[[ Extracted records open ]]

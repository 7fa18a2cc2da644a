-- ===== src/Validate/Cycles/Ordered.antt =====
-- Where the cycle search reports nothing, it puts the nodes in an order.
use dippin_lang.Base.{
  Str, ℕ, zero, suc, ◌+◌, ◌≤◌, ◌<◌, List, [], ◌∷◌, ◌≡◌, inl, inr, refl, sym, subst, lookup, arith,
  In, Map, ==_iff, insert,
}
use dippin_lang.Search.{Adjacency, successors, size}
use dippin_lang.Search.Colors.{
  Color, white, gray, color_of, paint, color_of-paint, Color-cases, Done, Finished, finished_refl,
  finished_trans, Done-gray, finished_black, Finished-white,
}
use dippin_lang.Search.Whites.{whites, whites_mono, whites_drop}
use dippin_lang.Validate.Cycles.{Detector, process_neighbor, process_all, set_color, visit}
use dippin_lang.Ir.{Node}
use dippin_lang.Ir.Arc.{ids}
use dippin_lang.Search.Colors.{IsOnCycle, IsOrdered-no_cycle, IsOrdered-Walk}
use dippin_lang.Search.Correct.{Walk}
use dippin_lang.Search.Whites.{whites-le-size}
use dippin_lang.Validate.Cycles.{visit_nodes, new_detector}
use dippin_lang.Validate.Cycles.Quiet.{new-IsGray}
use dippin_lang.Validate.Cycles.Silent.{
  IsSilent, Keeps, visit-IsSilent, report_back_edge-gray, process_all-IsSilent,
  process_neighbor-white, process_neighbor-black, process_neighbor-gray,
}

-- A part of the search that reports nothing, from the colours that it starts at.
record Passed (adj : Adjacency) (done : List Str) (m : Map Color) (t : Detector) : Type 0 where
  reported : t.reported ≡ []
  finished : Finished adj done m t.color

abbrev passed_trans :
    {adj : Adjacency} {done : List Str} {m : Map Color} {t u : Detector} (p : Passed adj done m t)
    → Passed adj p.finished.order t.color u
    → Passed adj done m u
passed_trans p q = record { reported = q.reported; finished = finished_trans p.finished q.finished }

module _ (adj : Adjacency) where
  -- What a visit of a white node does, with the measure that it may need.
  abbrev Visits : ℕ → (Str → Detector → Detector) → Type 0
  Visits room f =
      (node : Str) (s : Detector) (done : List Str)
      → Done adj done s.color
      → s.reported ≡ []
      → color_of node s.color ≡ white
      → whites (paint node gray s.color) adj < room
      → IsSilent (f node s)
      → (p : Passed adj done s.color (f node s)) × In node p.finished.order

  paint_keeps :
      (node x : Str) (c : Color) (m : Map Color)
      → ¬ (c ≡ white)
      → color_of x (paint node c m) ≡ white
      → color_of x m ≡ white
  paint_keeps node x c m h e = ground (arith, color_of-paint node x c m, h)

  neighbor_Passed :
      (room : ℕ) (f : Str → Detector → Detector)
      → Visits room f
      → (node next : Str) (s : Detector) (done : List Str) → Done adj done s.color
      → s.reported ≡ []
      → In next (successors adj node)
      → whites s.color adj ≤ room
      → IsSilent (process_neighbor f node next s)
      → (p : Passed adj done s.color (process_neighbor f node next s)) × In next p.finished.order
  neighbor_Passed room f visits node next s done d r i enough h =
      elim (Color-cases (color_of next s.color)) [
        | inl e ↦
            let same = process_neighbor-white f node next s e in
            let s' = record s { parent = insert next node s.parent } in
            let after : ¬ (color_of next (paint next gray s.color) ≡ white) =
              ground (arith, color_of-paint next next gray s.color, ==_iff next next) in
            let drop : whites (paint next gray s.color) adj < room = omega (
              arith,
              enough,
              whites_drop s.color (paint next gray s.color)
                  (λ x. paint_keeps next x gray s.color (λ g. ground arith)) next e after node adj
                  i,
            ) in
            rw same (visits next s' done d r e drop (rw same at h))
        | inr (inl e) ↦ absurd (
            report_back_edge-gray node next s e r (rw (process_neighbor-gray f node next s e) at h))
        | inr (inr e) ↦
            rw (process_neighbor-black f node next s e)
              (record { reported = r; finished = finished_refl d }, (d.blackened next).0 e)
      ]

  all_Passed :
      (room : ℕ) (f : Str → Detector → Detector)
      → Visits room f
      → Keeps f
      → (node : Str) (rest : List Str) (s : Detector) (done : List Str) → Done adj done s.color
      → s.reported ≡ []
      → ((x : Str) → In x rest → In x (successors adj node))
      → whites s.color adj ≤ room
      → IsSilent (process_all f node rest s)
      → (p : Passed adj done s.color (process_all f node rest s)) × ((x : Str)
          → In x rest
          → In x p.finished.order)
  unfolding process_all
  all_Passed room f visits keeps node [] s done d r sub enough h =
      (record { reported = r; finished = finished_refl d }, λ x i. absurd i)
  all_Passed room f visits keeps node (next ∷ rest) s done d r sub enough h =
      let t = process_neighbor f node next s in
      let quiet = process_all-IsSilent f keeps node rest t h in
      let (p, m) =
        neighbor_Passed room f visits node next s done d r (sub next (inl refl)) enough quiet in
      let left = whites_mono s.color t.color (λ x. Finished-white x d p.finished) adj in
      let (q, all) =
        all_Passed room f visits keeps node rest t p.finished.order p.finished.is_done p.reported
          (λ x i. sub x (inr i)) (omega (arith, left, enough)) h in
      (
        passed_trans p q,
        λ x i. elim i [
          | inl e ↦ q.finished.grows x (subst (λ y. In y p.finished.order) (sym e) m)
          | inr j ↦ all x j
        ],
      )

  visit_Passed : (room : ℕ) → Visits room (visit room adj)
  unfolding visit
  visit_Passed zero node s done d r e enough h = absurd (omega (arith, enough))
  visit_Passed (suc room) node s done d r e enough h =
      let (p, all) =
        all_Passed room (visit room adj) (visit_Passed room) (visit-IsSilent room adj) node
          (successors adj node) (set_color node gray s) done (Done-gray node e d) r (λ x i. i)
          (omega (arith, enough)) h in
      (record { reported = p.reported; finished = finished_black node e p.finished all }, inl refl)

  visit_nodes-IsSilent :
      (ns : List Node) (s : Detector) → IsSilent (visit_nodes adj ns s) → IsSilent s
  unfolding visit_nodes
  visit_nodes-IsSilent [] s h = h
  visit_nodes-IsSilent (n ∷ ns) s h = elim (Color-cases (color_of n.id s.color)) [
    | inl e ↦
        visit-IsSilent (size adj + 1) adj n.id s
          (visit_nodes-IsSilent ns (visit (size adj + 1) adj n.id s) (rw (e, visit_nodes) at h))
    | inr (inl e) ↦ visit_nodes-IsSilent ns s (rw (e, visit_nodes) at h)
    | inr (inr e) ↦ visit_nodes-IsSilent ns s (rw (e, visit_nodes) at h)
  ]

  -- Between two visits of the main loop no node is gray.
  roots_Passed :
      (ns : List Node) (s : Detector) (done : List Str)
      → Done adj done s.color
      → s.reported ≡ []
      → ((x : Str) → ¬ (color_of x s.color ≡ gray))
      → IsSilent (visit_nodes adj ns s)
      → (p : Passed adj done s.color (visit_nodes adj ns s)) × ((x : Str)
          → In x (ids ns)
          → In x p.finished.order)
  unfolding visit_nodes
  roots_Passed [] s done d r none_gray h =
      (record { reported = r; finished = finished_refl d }, λ x i. absurd i)
  roots_Passed (n ∷ ns) s done d r none_gray h = elim (Color-cases (color_of n.id s.color)) [
    | inl e ↦
        let t = visit (size adj + 1) adj n.id s in
        let h' : IsSilent (visit_nodes adj ns t) = rw (e, visit_nodes) at h in
        let (p, m) =
          visit_Passed (size adj + 1) n.id s done d r e
            (omega (arith, whites-le-size (paint n.id gray s.color) adj))
            (visit_nodes-IsSilent ns t h') in
        let (q, all) =
          roots_Passed ns t p.finished.order p.finished.is_done p.reported
            (λ x g. none_gray x ((p.finished.grays x).0 g)) h' in
        rw (e, visit_nodes)
          (
            passed_trans p q,
            λ x i. elim i [
              | inl same ↦ q.finished.grows x (subst (λ y. In y p.finished.order) (sym same) m)
              | inr j ↦ all x j
            ],
          )
    | inr (inl e) ↦ absurd (none_gray n.id e)
    | inr (inr e) ↦
        let (q, all) = roots_Passed ns s done d r none_gray (rw (e, visit_nodes) at h) in
        rw (e, visit_nodes)
          (
            q,
            λ x i. elim i [
              | inl same ↦
                  q.finished.grows x (subst (λ y. In y done) (sym same) ((d.blackened n.id).0 e))
              | inr j ↦ all x j
            ],
          )
  ]

  -- Nothing is black at the start.
  new_Done : Done adj [] new_detector.color
  unfolding color_of lookup
  new_Done = record { ordered = tt; blackened = λ x. ground arith }

  pub silent_no_cycle :
      (ns : List Node) (x v : Str)
      → IsSilent (visit_nodes adj ns new_detector)
      → In x (ids ns)
      → Walk adj x v
      → ¬ IsOnCycle adj v
  silent_no_cycle ns x v h i p =
      let (q, all) = roots_Passed ns new_detector [] new_Done refl new-IsGray h in
      let o = q.finished.is_done.ordered in
      IsOrdered-no_cycle adj q.finished.order v o
        (IsOrdered-Walk adj q.finished.order o (all x i) p)
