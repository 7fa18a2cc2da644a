-- ===== src/Validate/Cycles/Exact.antt =====
-- DIP005 against the walks along the edges that are not marked restart.
use dippin_lang.Base.{Str, List, [], ◌∷◌, ◌≡◌, ◌↔◌, ◌⊎◌, refl, sym, ◌∙◌, arith, In, not, select}
use dippin_lang.Ir.{Workflow, Edge}
use dippin_lang.Ir.Arc.{HasEdge, ids}
use dippin_lang.Search.{Adjacency, successors, append_at}
use dippin_lang.Search.Correct.{Walk}
use dippin_lang.Search.Correct
use dippin_lang.Coverage.Graph.{In-successors-append_at}
use dippin_lang.Validate.Defs.{check_start_exists}
use dippin_lang.Validate.Cycles.{
  non_restart, build_non_restart_adjacency, new_detector, detect_cycles_dfs, check_no_cycles,
}
use dippin_lang.Validate.Cycles.Ordered.{silent_no_cycle}
use dippin_lang.Validate.Cycles.Quiet.{visit_nodes_quiet, new-IsGray}

-- The edges that are not marked restart.
abbrev pub forward_edges : Workflow → List Edge
forward_edges w = select (λ (e : Edge). not e.restart) w.edges

-- The walks along them.
pub data Follow (w : Workflow) (src : Str) : Str → Type 0 where
  here : Follow w src src
  step : {u v : Str} → Follow w src u → HasEdge (forward_edges w) u v → Follow w src v

-- Such a walk of one edge or more leads from the node back to it.
abbrev pub IsLooping : Workflow → Str → Type 0
IsLooping w v = (u : Str) × Follow w v u × HasEdge (forward_edges w) u v

non_restart_iff :
    (u v : Str) (es : List Edge) (adj : Adjacency)
    → In v (successors (non_restart es adj) u)
      ↔ (HasEdge (select (λ (e : Edge). not e.restart) es) u v ⊎ In v (successors adj u))
unfolding non_restart
non_restart_iff u v [] adj = ground arith
non_restart_iff u v (e ∷ es) adj = ground (
  arith,
  non_restart_iff u v es adj,
  non_restart_iff u v es (append_at e.from (e.to ∷ []) adj),
  In-successors-append_at e.from v u (e.to ∷ []) adj,
)

module _ (w : Workflow) where
  forward_iff :
      (u v : Str)
      → In v (successors (build_non_restart_adjacency w) u) ↔ HasEdge (forward_edges w) u v
  unfolding build_non_restart_adjacency successors
  forward_iff u v = ground (arith, non_restart_iff u v w.edges [])

  Walk→Follow : {u v : Str} → Walk (build_non_restart_adjacency w) u v → Follow w u v
  Walk→Follow Correct.here = here
  Walk→Follow (Correct.step {u} {v} p m) = step (Walk→Follow p) ((forward_iff u v).0 m)

  Follow→Walk : {u v : Str} → Follow w u v → Walk (build_non_restart_adjacency w) u v
  Follow→Walk here = Correct.here
  Follow→Walk (step {u} {v} p e) = Correct.step (Follow→Walk p) ((forward_iff u v).1 e)

  check_no_cycles-eq :
      check_start_exists w ≡ []
      → check_no_cycles w ≡ detect_cycles_dfs w (build_non_restart_adjacency w)
  unfolding check_start_exists check_no_cycles
  check_no_cycles-eq h = ground arith

-- Where the start node is there, DIP005 is silent exactly if no walk along edges that are not marked
-- restart leads from a node of the workflow to one that has such a walk back to itself.
pub check_no_cycles_iff :
    (w : Workflow)
    → check_start_exists w ≡ []
    → (check_no_cycles w ≡ []) ↔ ((x v : Str) → In x (ids w.nodes) → Follow w x v → ¬ IsLooping w v)
unfolding detect_cycles_dfs
check_no_cycles_iff w h =
    let adj = build_non_restart_adjacency w in
    let same = check_no_cycles-eq w h in
    (
      λ e x v i p (u, q, last).
          silent_no_cycle adj w.nodes x v (sym same ∙ e) i (Follow→Walk w p)
            (u, Follow→Walk w q, (forward_iff w u v).1 last),
      λ none_there.
          same
          ∙ visit_nodes_quiet adj (λ v. (x : Str) × In x (ids w.nodes) × Walk adj x v)
              (λ u v (x, i, p) s. (x, i, Correct.step p s))
              (λ v (x, i, p) (u, q, last).
                none_there x v i (Walk→Follow w p) (u, Walk→Follow w q, (forward_iff w u v).0 last))
              w.nodes new_detector (λ x i. (x, i, Correct.here)) new-IsGray refl,
    )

[[ Extracted records closed ]]

What you are asked to do: Whenever the string "abbrev" turns up in a line of the data, copy that line.

Answer box:
abbrev passed_trans :
  abbrev Visits : ℕ → (Str → Detector → Detector) → Type 0
abbrev pub forward_edges : Workflow → List Edge
abbrev pub IsLooping : Workflow → Str → Type 0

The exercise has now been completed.